It is a common scenario in day-to-day life to find a man (read straight man) glaring at a woman’s breasts in public. It doesn’t really matter the setting of the scene. A woman might be on-coming from the front or just passing by a man from the sides. The neck-break (turning round one’s neck while still walking to keep looking at something) is almost unavoidable. Well, have you ever asked yourself as to why straight men devote so much headspace and time to those big, bulbous bags of fat drooping from women’s chests? Neither scientists nor psychologists have ever agreeably explained men’s curious breast fixation phenomenon, but now, a neuroscientist has struck upon an explanation that he says “just makes a lot of sense.” A man, indeed, has fixation to women’s breasts due to sexual feelings or need to bond.

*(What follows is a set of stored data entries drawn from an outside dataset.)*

-- ===== src/Der/Tag.antt =====
-- `sec_strip_tag_and_length`, `boolean_secitem_to_pystr` and `der_boolean_secitem_to_pystr`.
use python_nss_ng.Prelude.{
  ℕ, ◌+◌, ◌≤◌, ◌<◌, Bytes, Bool, true, false, Option, none, some, [], ◌∷◌, ◌++◌, length, drop,
  get_or, ltb, ◌==◌, if◌then◌else◌, bit_and, ◌≡◌, refl, arith, codes, all_below, all_below_sound,
  ==_iff, length-append, drop-append, le→not_ltb,
}

-- `item->data[1] & 0x80`, and the octets that tag and length take.
unfoldable pub is_long : ℕ → Bool
is_long octet = if bit_and octet 0x80 == 0 then false else true

unfoldable pub content_start : ℕ → ℕ
unfolding is_long
content_start octet = if is_long octet then bit_and octet 0x7f + 2 else 2

-- `none` is SECFailure: no item, no data, fewer than two octets, or a header past the end.
unfoldable pub sec_strip_tag_and_length : Option Bytes → Option Bytes
sec_strip_tag_and_length none = none
sec_strip_tag_and_length (some octets) =
    let start = content_start (get_or octets 1 0) in
    if ltb (length octets) 2
    then none
    else if ltb (length octets) start
    then none
    else some (drop start octets)

-- The first octet decides; no data and no octets are false.
unfoldable pub boolean_secitem_to_pystr : Option Bytes → Bytes
boolean_secitem_to_pystr none = codes "False"
boolean_secitem_to_pystr (some []) = codes "False"
boolean_secitem_to_pystr (some (octet ∷ rest)) = if octet == 0 then codes "False" else codes "True"

unfoldable pub der_boolean_secitem_to_pystr : Option Bytes → Option Bytes
der_boolean_secitem_to_pystr item = elim (sec_strip_tag_and_length item) [
  | none ↦ none
  | some rest ↦ some (boolean_secitem_to_pystr (some rest))
]

-- The header of a DER value: a tag, then the length in one octet, or the number of the length's
-- octets with the high bit set and those octets.
pub data Header : Bytes → Type 0 where
  short : (tag n : ℕ) → n < 128 → Header (tag ∷ n ∷ [])
  long :
      (tag : ℕ) (octets : Bytes)
      → length octets < 128
      → Header (tag ∷ (128 + length octets) ∷ octets)

short_table : all_below 128 (λ n. content_start n == 2) ≡ true
unfolding all_below content_start
short_table = refl

long_table : all_below 128 (λ n. content_start (128 + n) == n + 2) ≡ true
unfolding all_below content_start
long_table = refl

pub content_start_short : (n : ℕ) → n < 128 → content_start n ≡ 2
content_start_short n h =
    (==_iff _ 2).0 (all_below_sound 128 (λ m. content_start m == 2) n short_table h)

pub content_start_long : (n : ℕ) → n < 128 → content_start (128 + n) ≡ n + 2
content_start_long n h =
    (==_iff _ (n + 2)).0
      (all_below_sound 128 (λ m. content_start (128 + m) == m + 2) n long_table h)

-- Where the header has `start` octets, those are what is stripped.
strip_start :
    (header content : Bytes)
    → 2 ≤ length header
    → content_start (get_or (header ++ content) 1 0) ≡ length header
    → sec_strip_tag_and_length (some (header ++ content)) ≡ some content
unfolding sec_strip_tag_and_length
strip_start header content h e =
    let size = length-append header content in
    rw (
      e,
      le→not_ltb (length (header ++ content)) 2 (omega arith),
      le→not_ltb (length (header ++ content)) (length header) (omega arith),
      drop-append header content,
    )

-- Stripping a DER header leaves the content, for lengths in the short form and in the long one.
pub sec_strip_tag_and_length_lem :
    {header : Bytes} (content : Bytes)
    → Header header
    → sec_strip_tag_and_length (some (header ++ content)) ≡ some content
sec_strip_tag_and_length_lem content (short tag n h) =
    strip_start (tag ∷ n ∷ []) content (omega arith) (content_start_short n h)
sec_strip_tag_and_length_lem content (long tag octets h) =
    strip_start (tag ∷ (128 + length octets) ∷ octets) content (omega arith)
      (omega (arith, content_start_long (length octets) h))

-- A DER boolean is read as its content octet says, whatever the form of its length.
pub der_boolean_lem :
    {header : Bytes} (octet : ℕ)
    → Header header
    → der_boolean_secitem_to_pystr (some (header ++ octet ∷ []))
      ≡ some (if octet == 0 then codes "False" else codes "True")
unfolding der_boolean_secitem_to_pystr boolean_secitem_to_pystr
der_boolean_lem octet h =
    rw (der_boolean_secitem_to_pystr, sec_strip_tag_and_length_lem (octet ∷ []) h)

Larry Young, a professor of psychiatry at Emory University who studies the neurological basis of complex social behaviors, thinks human evolution has harnessed an ancient neural circuit that originally evolved to strengthen the mother-infant bond during breast-feeding, and now uses this brain circuitry to strengthen the bond between couples as well. The result is men, like babies, love breasts.

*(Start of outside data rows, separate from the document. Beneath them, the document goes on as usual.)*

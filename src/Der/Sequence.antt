-- ===== src/Der/Sequence.antt =====
-- The loop of `der_set_or_str_secitem_to_pylist_of_pystr` that cuts a SET or SEQUENCE into its
-- members. `beyond` is the memory behind the item, which the reading of a length may reach.
use python_nss_ng.Prelude.{
  ℕ, zero, suc, ◌+◌, ◌*◌, ◌^◌, ◌%◌, ◌≤◌, ◌<◌, Bytes, true, false, Option, none, some, List, [], ◌∷◌,
  ◌++◌, length, take, drop, get_or, ltb, if◌then◌else◌, bit_and, bit_or, ◌≡◌, refl, ap, ◌∙◌, arith,
  length-append, take-append, drop-append, append_assoc, le→not_ltb, append-nil,
}
use mathlib.Core.List.{flatten}
use python_nss_ng.Der.Tag.{is_long}

abbrev pub word : ℕ
word = 2 ^ 32

-- `tmp_item.len = (tmp_item.len << 8) | tmp_item.data[2+i]`, `n` times, in 32 bits.
unfoldable pub long_length : ℕ → ℕ → Bytes → ℕ
long_length zero len octets = len
long_length (suc n) len [] = long_length n (bit_or (len * 256 % word) 0) []
long_length (suc n) len (o ∷ octets) = long_length n (bit_or (len * 256 % word) o) octets

-- The size of the first member with its header; `none` is the `break` on a length of more than
-- four octets.
unfoldable pub member_size : Bytes → Bytes → Option ℕ
unfolding is_long long_length
member_size octets beyond =
    let second = get_or octets 1 0 in
    let n = bit_and second 0x7f in
    if is_long second
    then (if ltb 4 n
        then none
        else some ((long_length n 0 (drop 2 (octets ++ beyond)) + (n + 2)) % word))
    else some ((second + 2) % word)

-- The loop; `members` were cut off before, and `none` is running out of fuel.
unfoldable pub cut_members : ℕ → Bytes → Bytes → List Bytes → Option (List Bytes)
cut_members zero octets beyond members = none
cut_members (suc fuel) octets beyond members = elim (ltb (length octets) 2) [
  | true ↦ some members
  | false ↦ elim (member_size octets beyond) [
    | none ↦ some members
    | some size ↦
        let n = if ltb (length octets) size then length octets else size in
        cut_members fuel (drop n octets) beyond (members ++ take n octets ∷ [])
  ]
]

-- The members of a SEQUENCE, each in front of those behind it.
abbrev pub AllMembers : Bytes → List Bytes → Type 0
AllMembers beyond [] = Unit
AllMembers beyond (m ∷ ms) =
    (2 ≤ length m) × (member_size (m ++ flatten ms) beyond ≡ some (length m)) × AllMembers beyond ms

cut_step :
    (fuel : ℕ) (m rest beyond : Bytes) (members : List Bytes)
    → 2 ≤ length m
    → member_size (m ++ rest) beyond ≡ some (length m)
    → cut_members (suc fuel) (m ++ rest) beyond members
      ≡ cut_members fuel rest beyond (members ++ m ∷ [])
unfolding cut_members
cut_step fuel m rest beyond members h e =
    let size = length-append m rest in
    rw (
      le→not_ltb (length (m ++ rest)) 2 (omega arith),
      cut_members,
      e,
      le→not_ltb (length (m ++ rest)) (length m) (omega arith),
      take-append m rest,
      drop-append m rest,
    )

cut_all :
    (fuel : ℕ) (beyond : Bytes) (ms members : List Bytes)
    → AllMembers beyond ms
    → length ms < fuel
    → cut_members fuel (flatten ms) beyond members ≡ some (members ++ ms)
unfolding flatten
cut_all zero beyond ms members h lt = absurd (omega arith)
cut_all (suc fuel) beyond [] members h lt = unfold cut_members in rw append-nil
cut_all (suc fuel) beyond (m ∷ ms) members (two, e, hs) lt =
    cut_step fuel m (flatten ms) beyond members two e
    ∙ cut_all fuel beyond ms (members ++ m ∷ []) hs (omega arith)
    ∙ ap some (append_assoc members (m ∷ []) ms)

-- With a round for each member and one more, members that announce their sizes are cut as they
-- were put together.
pub cut_members_lem :
    (fuel : ℕ) (beyond : Bytes) (ms : List Bytes)
    → AllMembers beyond ms
    → length ms < fuel
    → cut_members fuel (flatten ms) beyond [] ≡ some ms
cut_members_lem fuel beyond ms = cut_all fuel beyond ms []

-- A length of four octets that wraps the 32 bits to a size of 0.
abbrev pub wrapping : Bytes
wrapping = 0x30 ∷ 0x84 ∷ 0xff ∷ 0xff ∷ 0xff ∷ 0xfa ∷ []

wrapping_size : (rest beyond : Bytes) → member_size (wrapping ++ rest) beyond ≡ some 0
unfolding member_size
wrapping_size rest beyond = refl

-- On content that starts with a length of 2^32 - 6 the loop makes no progress: no number of rounds
-- ends it.
pub cut_members_hangs :
    (fuel : ℕ) (rest beyond : Bytes) (members : List Bytes)
    → cut_members fuel (wrapping ++ rest) beyond members ≡ none
unfolding cut_members
cut_members_hangs zero rest beyond members = refl
cut_members_hangs (suc fuel) rest beyond members =
    let size : ℕ = length (wrapping ++ rest) in
    rw
      (
        le→not_ltb size 2 (omega arith),
        cut_members,
        wrapping_size rest beyond,
        le→not_ltb size 0 (omega arith),
      )
      (cut_members_hangs fuel rest beyond (members ++ [] ∷ []))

When a woman’s nipples are stimulated during breast-feeding, the neurochemical oxytocin, otherwise known as the “love drug,” floods her brain, helping to focus her attention and affection on her baby. But research over the past few years has shown that in humans, this circuitry isn’t reserved for exclusive use by infants.
Recent studies have found that nipple stimulation enhances sexual arousal in the great majority of women, and it activates the same brain areas as vaginal and clitoral stimulation. When a sexual partner touches, massages or nibbles a woman’s breasts, Prof. Young said, this triggers the release of oxytocin in the woman’s brain, just like what happens when a baby nurses. But in this context, the oxytocin focuses the woman’s attention on her sexual partner, strengthening her desire to bond with this person. In other words, men can make themselves more desirable by stimulating a woman’s breasts during foreplay and sex. Evolution has, in a sense, made men want to do this.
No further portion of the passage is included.